══ Source data ══

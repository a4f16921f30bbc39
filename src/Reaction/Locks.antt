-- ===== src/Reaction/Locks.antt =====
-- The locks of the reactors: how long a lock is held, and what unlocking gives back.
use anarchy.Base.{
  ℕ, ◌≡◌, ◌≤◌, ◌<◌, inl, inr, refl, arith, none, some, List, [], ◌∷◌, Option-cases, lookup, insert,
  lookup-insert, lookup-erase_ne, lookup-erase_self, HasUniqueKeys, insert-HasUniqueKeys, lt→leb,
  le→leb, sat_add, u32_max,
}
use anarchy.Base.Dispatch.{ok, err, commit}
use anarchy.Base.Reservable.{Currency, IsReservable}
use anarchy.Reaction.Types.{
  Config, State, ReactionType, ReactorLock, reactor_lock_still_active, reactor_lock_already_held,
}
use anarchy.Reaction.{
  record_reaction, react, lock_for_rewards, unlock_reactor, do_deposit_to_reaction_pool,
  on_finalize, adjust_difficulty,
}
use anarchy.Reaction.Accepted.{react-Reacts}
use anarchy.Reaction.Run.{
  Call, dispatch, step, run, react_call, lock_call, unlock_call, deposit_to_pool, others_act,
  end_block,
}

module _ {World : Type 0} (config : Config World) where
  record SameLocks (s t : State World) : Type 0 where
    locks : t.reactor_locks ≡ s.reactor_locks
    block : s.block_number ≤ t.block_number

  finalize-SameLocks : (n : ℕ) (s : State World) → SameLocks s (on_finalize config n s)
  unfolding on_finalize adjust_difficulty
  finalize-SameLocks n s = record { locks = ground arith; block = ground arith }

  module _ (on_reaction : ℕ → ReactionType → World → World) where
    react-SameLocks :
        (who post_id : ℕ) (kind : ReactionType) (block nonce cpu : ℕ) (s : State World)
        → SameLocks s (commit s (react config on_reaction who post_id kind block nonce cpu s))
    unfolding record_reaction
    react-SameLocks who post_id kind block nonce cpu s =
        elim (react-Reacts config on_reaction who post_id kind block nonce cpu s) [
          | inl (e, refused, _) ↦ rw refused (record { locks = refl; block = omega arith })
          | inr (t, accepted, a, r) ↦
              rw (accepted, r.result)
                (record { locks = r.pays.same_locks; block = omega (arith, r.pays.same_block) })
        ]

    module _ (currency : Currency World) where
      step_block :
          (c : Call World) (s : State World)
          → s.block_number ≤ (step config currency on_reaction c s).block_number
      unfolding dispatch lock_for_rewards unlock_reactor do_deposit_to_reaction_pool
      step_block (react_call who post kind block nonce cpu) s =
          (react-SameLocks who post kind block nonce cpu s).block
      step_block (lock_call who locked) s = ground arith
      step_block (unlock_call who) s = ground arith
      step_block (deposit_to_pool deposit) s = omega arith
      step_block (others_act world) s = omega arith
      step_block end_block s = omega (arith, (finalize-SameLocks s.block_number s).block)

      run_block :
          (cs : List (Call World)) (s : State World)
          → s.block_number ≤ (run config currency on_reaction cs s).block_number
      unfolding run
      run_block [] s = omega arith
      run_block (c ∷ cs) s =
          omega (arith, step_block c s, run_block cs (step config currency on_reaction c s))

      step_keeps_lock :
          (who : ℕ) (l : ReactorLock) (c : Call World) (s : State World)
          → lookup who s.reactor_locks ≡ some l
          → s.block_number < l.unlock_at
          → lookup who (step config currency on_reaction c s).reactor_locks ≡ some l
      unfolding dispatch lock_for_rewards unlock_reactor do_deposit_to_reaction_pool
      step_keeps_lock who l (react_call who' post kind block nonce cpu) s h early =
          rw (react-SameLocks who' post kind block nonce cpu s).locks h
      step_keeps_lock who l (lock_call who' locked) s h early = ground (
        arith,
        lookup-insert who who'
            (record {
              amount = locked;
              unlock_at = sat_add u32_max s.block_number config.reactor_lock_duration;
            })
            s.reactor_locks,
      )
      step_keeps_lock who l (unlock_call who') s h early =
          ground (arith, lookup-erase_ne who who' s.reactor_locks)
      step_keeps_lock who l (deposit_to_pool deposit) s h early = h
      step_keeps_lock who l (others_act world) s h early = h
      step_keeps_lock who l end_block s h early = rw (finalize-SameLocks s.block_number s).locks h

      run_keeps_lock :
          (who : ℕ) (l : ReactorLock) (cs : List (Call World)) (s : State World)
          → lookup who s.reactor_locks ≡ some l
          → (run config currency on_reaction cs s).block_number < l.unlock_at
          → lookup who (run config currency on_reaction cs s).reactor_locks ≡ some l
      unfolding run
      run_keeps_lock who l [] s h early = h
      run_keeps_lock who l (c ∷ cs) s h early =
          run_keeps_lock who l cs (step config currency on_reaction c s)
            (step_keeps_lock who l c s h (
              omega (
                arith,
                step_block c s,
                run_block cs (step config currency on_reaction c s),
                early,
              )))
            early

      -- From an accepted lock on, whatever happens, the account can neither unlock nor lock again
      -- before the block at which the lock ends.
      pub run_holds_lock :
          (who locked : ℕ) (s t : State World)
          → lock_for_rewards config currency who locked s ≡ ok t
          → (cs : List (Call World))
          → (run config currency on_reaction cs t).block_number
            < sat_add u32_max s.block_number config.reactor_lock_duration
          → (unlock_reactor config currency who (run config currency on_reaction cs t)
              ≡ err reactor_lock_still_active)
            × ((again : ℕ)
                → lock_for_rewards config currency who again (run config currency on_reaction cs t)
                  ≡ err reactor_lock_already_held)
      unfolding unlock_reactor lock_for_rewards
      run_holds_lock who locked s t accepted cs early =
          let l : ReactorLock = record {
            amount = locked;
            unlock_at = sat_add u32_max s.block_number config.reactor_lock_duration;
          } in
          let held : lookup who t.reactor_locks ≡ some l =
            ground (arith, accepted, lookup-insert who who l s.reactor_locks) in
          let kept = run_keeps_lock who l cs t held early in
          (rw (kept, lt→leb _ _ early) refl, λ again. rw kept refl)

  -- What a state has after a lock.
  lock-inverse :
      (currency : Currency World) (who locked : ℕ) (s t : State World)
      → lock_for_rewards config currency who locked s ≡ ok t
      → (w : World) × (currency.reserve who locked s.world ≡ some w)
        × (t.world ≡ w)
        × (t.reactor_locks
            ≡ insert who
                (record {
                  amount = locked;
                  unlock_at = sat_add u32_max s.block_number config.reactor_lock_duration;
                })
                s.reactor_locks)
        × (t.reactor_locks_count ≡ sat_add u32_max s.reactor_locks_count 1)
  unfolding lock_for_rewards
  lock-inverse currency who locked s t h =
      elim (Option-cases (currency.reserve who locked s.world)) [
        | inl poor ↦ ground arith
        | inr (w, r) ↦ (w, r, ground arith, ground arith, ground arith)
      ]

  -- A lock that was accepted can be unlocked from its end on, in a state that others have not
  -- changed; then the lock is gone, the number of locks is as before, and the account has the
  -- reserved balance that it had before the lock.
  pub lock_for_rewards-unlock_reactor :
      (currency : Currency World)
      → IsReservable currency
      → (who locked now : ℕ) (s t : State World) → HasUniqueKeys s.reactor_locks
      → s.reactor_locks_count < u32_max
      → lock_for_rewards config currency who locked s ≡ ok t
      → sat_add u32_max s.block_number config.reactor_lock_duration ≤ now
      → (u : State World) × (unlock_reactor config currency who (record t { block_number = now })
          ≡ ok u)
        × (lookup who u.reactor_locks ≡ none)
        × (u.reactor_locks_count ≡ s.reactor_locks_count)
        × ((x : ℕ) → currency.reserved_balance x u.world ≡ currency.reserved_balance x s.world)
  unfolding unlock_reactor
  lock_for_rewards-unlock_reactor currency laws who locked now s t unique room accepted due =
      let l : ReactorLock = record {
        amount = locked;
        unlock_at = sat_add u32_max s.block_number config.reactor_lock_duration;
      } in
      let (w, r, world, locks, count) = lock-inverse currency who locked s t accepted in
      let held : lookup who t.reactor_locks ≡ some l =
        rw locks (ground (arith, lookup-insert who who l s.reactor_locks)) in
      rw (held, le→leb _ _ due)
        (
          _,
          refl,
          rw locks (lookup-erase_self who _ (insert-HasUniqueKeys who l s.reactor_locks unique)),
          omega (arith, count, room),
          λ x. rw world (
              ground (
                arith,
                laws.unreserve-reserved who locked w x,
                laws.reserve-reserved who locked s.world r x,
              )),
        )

═══

— The problem —
Using the records above, restate word for word the lines from the one with "< sat_add u32_max" through the one with "run_holds_lock who locked", both included.

— Final answer —
            < sat_add u32_max s.block_number config.reactor_lock_duration
          → (unlock_reactor config currency who (run config currency on_reaction cs t)
              ≡ err reactor_lock_still_active)
            × ((again : ℕ)
                → lock_for_rewards config currency who again (run config currency on_reaction cs t)
                  ≡ err reactor_lock_already_held)
      unfolding unlock_reactor lock_for_rewards
      run_holds_lock who locked s t accepted cs early =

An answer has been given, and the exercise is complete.